Segment Start: LISTED RECORDS

-- ===== src/Simulation/Frames/Laws.antt =====
-- What a decoded chunk holds.
use sih.Prelude.{
  suc, ◌≡◌, refl, true, List, [], ◌∷◌, Option, none, some, All, length, arith, Bool-cases, inl, inr,
  ap,
}
use sih.Prelude.Runtime.{Runtime}
use sih.Prelude.Value.{Value, array, object, Fields, end, items, prop, spread, member-assign}
use sih.State.Snapshot.Basics.{is_text}
use sih.State.Snapshot.World.{is_world_state_snapshot}
use sih.Simulation.Frames.{
  patched, own_fields, is_simulated_frame, decode_from, decode_demo_frames, prepend,
}

module _ (js : Runtime) where
  open js use {Num, eq, lt, decimal}

  -- A frame that the player may show: a valid world message, simulated, over the manifest's map.
  pub record IsShowable (reference_map frame : Value Num) : Type 0 where
    pub valid : is_world_state_snapshot js frame ≡ true
    pub simulated : is_text "SIMULATED" (prop frame "mode") ≡ true
    pub mapped : prop frame "reference_map" ≡ reference_map

  patched-map :
      (previous : Fields Num) (patch reference_map : Value Num)
      → prop (object (patched js previous patch reference_map)) "reference_map" ≡ reference_map
  unfolding patched prop
  patched-map previous patch reference_map =
      rw
        (member-assign "reference_map" "reference_map" reference_map
          (spread previous (own_fields js patch)))
        refl

  showable :
      (previous : Fields Num) (patch reference_map : Value Num)
      → is_simulated_frame js (object (patched js previous patch reference_map)) ≡ true
      → IsShowable reference_map (object (patched js previous patch reference_map))
  unfolding is_simulated_frame
  showable previous patch reference_map h = record {
    valid = ground arith;
    simulated = ground arith;
    mapped = patched-map previous patch reference_map;
  }

  prepend-eq-some :
      (x : Value Num) (o : Option (List (Value Num))) {ys : List (Value Num)}
      → prepend js x o ≡ some ys
      → (rest : List (Value Num)) × (o ≡ some rest) × (ys ≡ x ∷ rest)
  prepend-eq-some x none h = cc
  prepend-eq-some x (some rest) h = (rest, refl, ground arith)

  decode_from-cons :
      (reference_map : Value Num) (previous : Fields Num) (patch : Value Num)
      (patches : List (Value Num)) {frames : List (Value Num)}
      → decode_from js reference_map previous (patch ∷ patches) ≡ some frames
      → let frame = patched js previous patch reference_map in
        (rest : List (Value Num)) × (decode_from js reference_map frame patches ≡ some rest)
        × (frames ≡ object frame ∷ rest)
        × IsShowable reference_map (object frame)
  unfolding decode_from
  decode_from-cons reference_map previous patch patches h =
      let frame = patched js previous patch reference_map in
      elim (Bool-cases (is_simulated_frame js (object frame))) [
        | inr bad ↦ absurd (cc (rw bad at h))
        | inl good ↦
            let (rest, e, same) =
              prepend-eq-some (object frame) (decode_from js reference_map frame patches)
                (rw good at h) in
            (rest, e, same, showable previous patch reference_map good)
      ]

  decode_from_sound :
      (reference_map : Value Num) (previous : Fields Num) (patches : List (Value Num))
      {frames : List (Value Num)}
      → decode_from js reference_map previous patches ≡ some frames
      → (length frames ≡ length patches) × All (IsShowable reference_map) frames
  decode_from_sound reference_map previous [] {frames} h =
      let none_left : frames ≡ [] = unfold decode_from in ground arith in rw none_left (refl, tt)
  decode_from_sound reference_map previous (patch ∷ patches) h =
      let (rest, e, same, shown) = decode_from-cons reference_map previous patch patches h in
      let (size, all) =
        decode_from_sound reference_map (patched js previous patch reference_map) patches e in
      rw same (ap suc size, (shown, all))

  -- A decoded chunk holds as many frames as were asked for, and each of them may be shown: it
  -- passes the message test, is marked as simulated and carries the manifest's map.
  pub decode_demo_frames_sound :
      (value reference_map : Value Num) (count : Num) {frames : List (Value Num)}
      → decode_demo_frames js value reference_map count ≡ some frames
      → (eq (decimal (length frames) 0) count ≡ true) × All (IsShowable reference_map) frames
  unfolding decode_demo_frames
  decode_demo_frames_sound (array vs) reference_map count {frames} h =
      elim (Bool-cases (eq (decimal (length (items vs)) 0) count)) [
        | inr bad ↦ absurd (cc (rw bad at h))
        | inl good ↦
            let (size, all) = decode_from_sound reference_map end (items vs) (rw good at h) in
            (rw size good, all)
      ]
  decode_demo_frames_sound _ reference_map count h = cc
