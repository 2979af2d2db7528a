-- ===== src/Simulation/Manifest/Paths.antt =====
-- demoPlayback.ts, line 17: where the path of an accepted chunk leads.
use sih.Prelude.{
  ℕ, String, ◌≡◌, ◌<◌, refl, sym, ap, ◌∙◌, Bool, true, false, ◌||◌, List, [], ◌∷◌, ◌++◌, some, All,
  All-append, All-imp, every_iff, length, ◌==◌, arith, Option-cases, Bool-cases, inl, inr,
}
use sih.Simulation.Manifest.{codes, strip_prefix, is_name_code, is_name, is_chunk_url}
use mathlib.Core.List.{reverse, reverse-append, reverse-reverse, reverse-cons}

-- What would leave a folder, or hide a character that does: `/`, `\` and `%`.
abbrev pub is_separator : ℕ → Bool
is_separator c = c == 47 || c == 92 || c == 37

-- The path is a file of the demo's folder: a name that is not empty and has no separator, between
-- the folder and the extension.
abbrev pub IsInFolder : String → Type 0
IsInFolder url =
    (name : List ℕ) × (codes url ≡ codes "/demo/" ++ (name ++ codes ".json.gz"))
    × All (λ c. is_separator c ≡ false) name
    × (0 < length name)

strip_sound : (p text : List ℕ) {rest : List ℕ} → strip_prefix p text ≡ some rest → text ≡ p ++ rest
unfolding strip_prefix
strip_sound [] text h = ground arith
strip_sound (p ∷ ps) [] h = absurd (cc)
strip_sound (p ∷ ps) (c ∷ cs) {rest} h = elim (Bool-cases (p == c)) [
  | inl e ↦
      let same : c ≡ p = ground (arith, e) in
      let tail : cs ≡ ps ++ rest = strip_sound ps cs (rw e at h) in rw (same, tail) refl
  | inr e ↦ absurd (cc (rw e at h))
]

name-apart : (c : ℕ) → is_name_code c ≡ true → is_separator c ≡ false
name-apart c h = ground arith

All-reverse : (P : ℕ → Type 0) (xs : List ℕ) → All P xs → All P (reverse xs)
All-reverse P [] h = tt
All-reverse P (x ∷ xs) (p, h) =
    rw (reverse-cons x xs) (All-append P (reverse xs) (x ∷ []) (All-reverse P xs h) (p, tt))

name_names :
    (cs : List ℕ)
    → is_name cs ≡ true
    → All (λ c. is_separator c ≡ false) (reverse cs) × (0 < length (reverse cs))
name_names [] h = absurd (cc)
name_names (c ∷ cs) h = (
  All-reverse _ (c ∷ cs) (
      All-imp (λ x. is_name_code x ≡ true) (c ∷ cs) name-apart
        (ground (arith, h), (every_iff is_name_code cs).0 (ground (arith, h)))),
  rw (reverse-cons c cs) (filled (reverse cs)),
)
  where
    filled : (xs : List ℕ) → 0 < length (xs ++ c ∷ [])
    filled [] = omega arith
    filled (x ∷ xs) = omega arith

pub is_chunk_url-IsInFolder : (url : String) → is_chunk_url url ≡ true → IsInFolder url
unfolding is_chunk_url
is_chunk_url-IsInFolder url h = elim (Option-cases (strip_prefix (codes "/demo/") (codes url))) [
  | inl e ↦ absurd (cc (rw (e, is_chunk_url) at h))
  | inr (rest, e) ↦ elim (Option-cases (strip_prefix (reverse (codes ".json.gz")) (reverse rest))) [
    | inl f ↦ absurd (cc (rw (e, f, is_chunk_url) at h))
    | inr (name, f) ↦
        let (apart, filled) = name_names name (rw (e, f, is_chunk_url) at h) in
        (
          reverse name,
          strip_sound (codes "/demo/") (codes url) e
              ∙ ap (λ r. codes "/demo/" ++ r) (split rest name f),
          apart,
          filled,
        )
  ]
]
  where
    split :
        (rest name : List ℕ)
        → strip_prefix (reverse (codes ".json.gz")) (reverse rest) ≡ some name
        → rest ≡ reverse name ++ codes ".json.gz"
    split rest name f =
        sym (reverse-reverse rest)
        ∙ ap reverse (strip_sound (reverse (codes ".json.gz")) (reverse rest) f)
        ∙ reverse-append (reverse (codes ".json.gz")) name
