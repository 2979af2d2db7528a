-- ===== src/Simulation/Playback/Invariant.antt =====
-- demoPlayback.ts: what holds of a player between two events, and that every piece keeps it.
use sih.Prelude.{ℕ, ◌+◌, ◌≤◌, ◌<◌, ◌≡◌, Bool, true, false, Option, none, some, length, ◌==◌, All}
use sih.Prelude.Counting.{count_if}
use sih.Prelude.Runtime.{Runtime}
use sih.Prelude.Value.{Value}
use sih.Simulation.Manifest.{Chunk, DemoManifest}
use sih.Simulation.Frames.{is_simulated_frame}
use sih.Simulation.Playback.{
  Stage, manifest_stage, chunk_stage, Flight, Output, on_world, on_connection, Player, Outcome,
  first_retry_ms, last_retry_ms,
}

module _ (js : Runtime) where
  open js use {Num, lt, decimal}

  -- A manifest has chunks, and each is meant to hold at least one frame.
  abbrev pub IsFilled : Chunk js → Type 0
  IsFilled chunk = lt (decimal 0 0) chunk.frames ≡ true

  pub record IsPlayable (m : DemoManifest js) : Type 0 where
    pub some_chunk : 0 < length m.chunks
    pub filled : All IsFilled m.chunks

  abbrev pub IsShown : Value Num → Type 0
  IsShown frame = is_simulated_frame js frame ≡ true

  abbrev pub is_current : ℕ → Flight js → Bool
  is_current generation f = f.token == generation

  abbrev pub IsAwaitable : Stage js → Type 0
  IsAwaitable manifest_stage = Unit
  IsAwaitable (chunk_stage chunk) = IsFilled chunk

  -- A call belongs to the present generation or an earlier one.
  abbrev pub IsIssued : ℕ → Flight js → Type 0
  IsIssued generation f = (f.token ≤ generation) × IsAwaitable f.stage

  -- A call of the present generation waits for the manifest only while there is none.
  abbrev pub IsFirst : Option (DemoManifest js) → Stage js → Type 0
  IsFirst manifest manifest_stage = manifest ≡ none
  IsFirst manifest (chunk_stage chunk) = Unit

  abbrev pub IsEarly : Option (DemoManifest js) → ℕ → Flight js → Type 0
  IsEarly manifest generation f = f.token ≡ generation → IsFirst manifest f.stage

  abbrev pub HasManifest : Option (DemoManifest js) → ℕ → Type 0
  HasManifest none chunk_index = chunk_index ≡ 0
  HasManifest (some m) chunk_index = IsPlayable m × (chunk_index < length m.chunks)

  -- What will make the player go on: timers, and calls of the present generation.
  abbrev pub drivers : Player js → ℕ
  drivers p = count_if (is_current p.generation) p.flights + length p.timers

  -- The invariant, for a player with `n` things that will make it go on.
  pub record IsDriven (n : ℕ) (p : Player js) : Type 0 where
    pub driven : drivers p ≡ n
    pub issued : All (IsIssued p.generation) p.flights
    pub early : All (IsEarly p.manifest p.generation) p.flights
    pub held : All (λ t. p.timer ≡ some t.handle) p.timers
    pub playable : HasManifest p.manifest p.chunk_index
    pub shown : All IsShown p.frames
    pub slow : (first_retry_ms ≤ p.retry_ms) × (p.retry_ms ≤ last_retry_ms)

  abbrev pub one_if : Bool → ℕ
  one_if true = 1
  one_if false = 0

  -- An active player has exactly one thing that will make it go on, and an idle one none; a
  -- disposed player is not active.
  pub record IsSound (p : Player js) : Type 0 where
    pub driven : IsDriven (one_if p.active) p
    pub stopped : p.disposed ≡ true → p.active ≡ false

  -- Frames that are reported exist, pass the message test and are simulated.
  abbrev pub IsGood : Output js → Type 0
  IsGood (on_world none) = ⊥
  IsGood (on_world (some frame)) = IsShown frame
  IsGood (on_connection c) = Unit

  -- An outcome with one thing more that will make the player go on, and only good reports; the
  -- switches are those of the player before.
  pub record GoesOn (p : Player js) (o : Outcome js) : Type 0 where
    pub driven : IsDriven 1 o.0
    pub active : o.0.active ≡ p.active
    pub disposed : o.0.disposed ≡ p.disposed
    pub good : All IsGood o.1
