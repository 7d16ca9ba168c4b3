-- ===== src/Lib.antt =====
-- A verification library of the computer networking projects of this repository.
--
-- The router, Router/src/router, has a session with a server, whose messages bring the
-- hardware and the frames. A frame comes in by sr_handlepacket, which gives ARP to
-- sr_handle_arp_packet and IP to sr_handle_ip_packet; that forwards a packet, answers it, or
-- reports an error by ICMP. All of them use the list of interfaces, the routing table and the ARP
-- cache with its queue of requests, which the thread sr_arpcache_timeout sweeps each second by way
-- of handle_arpreq. Everything leaves by sr_send_packet.
--
-- The state of a router is the record Instance; a call is a function from it to it, in Result
-- where the C code can follow a bad pointer. A frame is its list of bytes.
--
--   Prelude            list, option and byte-buffer helpers: little-endian loads and stores
--   Prelude/Result     errors: a NULL or dangling pointer, a read out of bounds, a failed assert
--   Router/Instance    sr_if.h, sr_rt.h, sr_arpcache.h, sr_router.h: the state
--   Router/Frame       sr_protocol.h: the fields of the headers, at their offsets in a frame
--   Router/Cksum       sr_utils.c: cksum
--   Router/Interfaces  sr_if.c: search and set-up of the interfaces
--   Router/Hardware    sr_vns_comm.c: sr_handle_hwinfo
--   Router/Routes      sr_rt.c: the table and its file; the longest prefix match of sr_router.c
--   Router/ArpCache    sr_arpcache.c: entries and the queue of requests
--   Router/Requests    sr_arpcache.c: handle_arpreq, sr_arpcache_sweepreqs, sr_arpcache_timeout
--   Router/Send        sr_vns_comm.c: sr_send_packet and its checks
--   Router/Arp         sr_router.c: sr_handle_arp_packet, sr_send_arp_request
--   Router/Icmp        sr_router.c: sr_send_icmp_packet, sr_echo_icmp_packet
--   Router/Forward     sr_router.c: ip_forwarding, sr_handle_ip_packet, sr_handlepacket
--   Router/Session     sr_vns_comm.c, sr_main.c, vnscommand.h: the session with the server, whose
--                      messages lead to sr_handle_hwinfo and sr_handlepacket
--   Router/Examples    each theorem applied to one small network; Router/Session has its own
--
-- The transport layer of TCP/src has the calls of the application above it and the packets of the
-- network below: transport_init makes the handshake of a connection, and control_loop serves the
-- events of both until it is closed.
--
--   Tcp/Segment        transport.h: the header of a segment
--   Tcp/Context        transport.c: the connection and what it sends
--   Tcp/Transport      transport.c: generate_initial_seq_num, transport_init, control_loop
--   Tcp/Checksum       tcp_sum.c: _mysock_tcp_checksum, _mysock_set_checksum,
--                      _mysock_verify_checksum
--   Tcp/Queue          mysock.c: _mysock_enqueue_buffer, _mysock_dequeue_buffer,
--                      _mysock_free_queue
--   Tcp/Descriptors    mysock.c: the table of descriptors
--   Tcp/Listen         connection_demux.c: the pending connections of a listening socket
--   Tcp/Examples       each theorem applied to one small connection; Tcp/Queue, Tcp/Descriptors
--                      and Tcp/Listen have theirs
--
-- An event carries what the calls that follow it would read, and sends succeed. The loop over the
-- bytes of the application sends one at least in each round, so their number is fuel enough. The
-- sum of the checksum fits an int32_t, as it does for any packet of at most 1500 bytes.
--
-- A packet queue is a linked list: its nodes are kept on a heap, a function from addresses, so that
-- what a call does to the pointers is what is modelled. Where calloc puts a node and whether
-- realloc moves the slots of a listening socket are arguments, and so is what memcpy does on areas
-- that overlap, which the C library leaves undefined: a fault, or what memmove does.
--
--   Tcp/Wire           network_io_tcp.c: packets on a TCP stream
--   Tcp/Network        stcp_api.c, network_io_socket.c: sending and receiving segments, and the
--                      receive thread
--   Tcp/Api            mysock_api.c, stcp_api.c, mysock.c: the calls of the application, and what
--                      the transport layer waits for
--   Tcp/FileTransfer   client.c, server.c: a request, its response and the file
--
-- The proxy of HTTP/starter_code parses a request with proxy_parse.c: ParsedRequest_parse takes the
-- request line apart with strtok_r and stores each header line with ParsedHeader_set, and
-- ParsedRequest_unparse prints the request again.
--
--   Prelude/Text       the searches of string.h on bytes
--   Prelude/Token      strtok_r of string.h, on the buffer that it cuts
--   Http/Request       proxy_parse.h: the structs
--   Http/Headers       proxy_parse.c: the table of headers
--   Http/Unparse       proxy_parse.c: ParsedRequest_unparse and the lengths
--   Http/Attempt       how a parser ends
--   Http/Parse         proxy_parse.c: ParsedRequest_parse, ParsedHeader_parse
--   Http/Proxy         proxy.c: handle_client
--   Http/Examples      each theorem applied to one small request, as in Http/Proxy/Examples
--
-- A string is its bytes before the NUL. The buffer of the request line keeps its NULs, since
-- strtok_r writes them there and the parser computes addresses from what it finds. The loop over
-- the header lines has fuel, one round for each byte of the text and one more.
--
-- handle_client reads a request, parses it, adds two headers, prints it and passes on the reply.
-- What each recv delivers and whether the other calls succeed are arguments; when the list of
-- recvs is at its end, the handler waits. What stands behind the printed request in memory is an
-- argument.
--
-- The two programs in Server&Client copy bytes through a socket.
--
--   Socket             client.c, server.c: the loop of client, and the loop of server on a
--                      connection, with fuel for a round for each byte and one for the end
--   Socket/Examples    three bytes from the input to the output
--
-- The machine is little-endian, as those that the projects run on. The clock is an argument and is
-- read once in a call. malloc never fails; what it leaves in a buffer is an argument `junk`. The
-- folding loop of cksum has three rounds, after which every 32-bit sum has 16 bits.
-- handle_arpreq and sr_send_icmp_packet call one another without a bound: fuel stands for the
-- stack, and running out is an error of its own. A sweep goes forward through the queue, new
-- requests come in front of it, so its length bounds the rounds. Calls under the lock of the
-- cache are single steps; the order in which the two threads make them is that of a list of calls.
-- sscanf and inet_aton are parameters.
--
-- The system calls that the programs make on sockets and files, SHA-1, sprintf and sscanf are
-- parameters: records of functions on a state of the world. What a theorem needs of them it names
-- as a condition, the way their manual pages describe them: a read gives some of the bytes that
-- come, at most as many as asked for. Loops on reads have fuel; a round for each byte, and for each
-- signal where signals are told apart, is enough. Each queue of a mysocket has the nodes of its
-- own, since allocations do not overlap; threads take turns at the calls.
--
-- Not modelled: the command line, the look-up of names and the set-up of sockets in all programs;
-- logs, prints other than those of the server in Server&Client, and SHA-1; the creation and
-- joining of threads; mygetsockname and the context pointer of STCP; transport1.c, which is not
-- built; proxy and main of proxy.c, which bind the socket and fork; the accept loop of
-- Server&Client; the measurement notebook.
pub mod Http
pub mod Prelude
pub mod Router
pub mod Socket
pub mod Tcp
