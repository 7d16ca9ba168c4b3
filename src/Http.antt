-- ===== src/Http.antt =====
-- HTTP/starter_code: the HTTP proxy and its request parser.
pub mod Request
pub mod Headers
pub mod Unparse
pub mod Attempt
pub mod Parse
pub mod Proxy
mod Examples
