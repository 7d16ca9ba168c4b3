-- ===== src/Prelude/Result.antt =====
-- How a call of C code ends: with a value, or in a fault that C leaves undefined.
use mathlib.Core.Bool.{Bool, true, false}

-- `null_deref`: a field of a NULL pointer is read. `out_of_bounds`: a struct is laid over fewer
-- bytes than it has. `dangling`: a request that was freed is used. `assertion`: an assert fails.
-- `no_stack`: calls nest deeper than the fuel that stands for the C stack. `no_rounds`: a loop of
-- the model goes on after the rounds that it was given. `overlap`: memcpy on areas that overlap.
pub data Fault : Type 0 where
  null_deref out_of_bounds dangling assertion no_stack no_rounds overlap : Fault

pub data Result {ℓ} (A : Type ℓ) : Type ℓ where
  ok : A → Result A
  fault : Fault → Result A

-- Goes on with the value, if there is one.
abbrev pub ◌>>=◌ {ℓ κ} : {V : Type ℓ} {W : Type κ} → Result V → (V → Result W) → Result W
fault e >>= next = fault e
ok v >>= next = next v

infixl 5 ◌>>=◌ ◌>>◌
-- Stops in a fault where a condition does not hold.
abbrev pub guard : Bool → Fault → Result (Unit {0})
guard false why = fault why
guard true why = ok tt

abbrev pub ◌>>◌ {κ} : {W : Type κ} → Result (Unit {0}) → Result W → Result W
first >> second = first >>= λ done. second
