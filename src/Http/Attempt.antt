-- ===== src/Http/Attempt.antt =====
-- How the parser ends: with a value, with -1, or in a fault.
use computer_network.Prelude.{Bool, true, false, Option, none, some}
use computer_network.Prelude.Result.{Fault}

pub data Attempt {ℓ} (A : Type ℓ) : Type ℓ where
  done : A → Attempt A
  refused : Attempt A
  broken : Fault → Attempt A

infixl 5 ◌>>=◌ ◌>>◌
abbrev pub ◌>>=◌ {ℓ κ} : {A : Type ℓ} {B : Type κ} → Attempt A → (A → Attempt B) → Attempt B
refused >>= next = refused
broken why >>= next = broken why
done a >>= next = next a

-- Goes on where a condition holds, and is refused, or breaks, where it does not.
abbrev pub require : Bool → Attempt (Unit {0})
require false = refused
require true = done tt

abbrev pub guard : Bool → Fault → Attempt (Unit {0})
guard false why = broken why
guard true why = done tt

-- A pointer that is NULL is refused, or followed.
abbrev pub present {ℓ} : {A : Type ℓ} → Option A → Attempt A
present none = refused
present (some a) = done a

abbrev pub follow {ℓ} : {A : Type ℓ} → Option A → Fault → Attempt A
follow none why = broken why
follow (some a) why = done a

abbrev pub ◌>>◌ {κ} : {B : Type κ} → Attempt (Unit {0}) → Attempt B → Attempt B
first >> second = first >>= λ u. second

Segment End: LISTED RECORDS

WHAT THIS TASK INVOLVES: Could you set down, exactly as written, the lines above between the one holding "pub driven : IsDriven (one_if p.active) p" and the one holding "IsGood (on_connection c) = Unit", inclusive, and nothing more?

FINAL ANSWER:
    pub driven : IsDriven (one_if p.active) p
    pub stopped : p.disposed ≡ true → p.active ≡ false

  -- Frames that are reported exist, pass the message test and are simulated.
  abbrev pub IsGood : Output js → Type 0
  IsGood (on_world none) = ⊥
  IsGood (on_world (some frame)) = IsShown frame
  IsGood (on_connection c) = Unit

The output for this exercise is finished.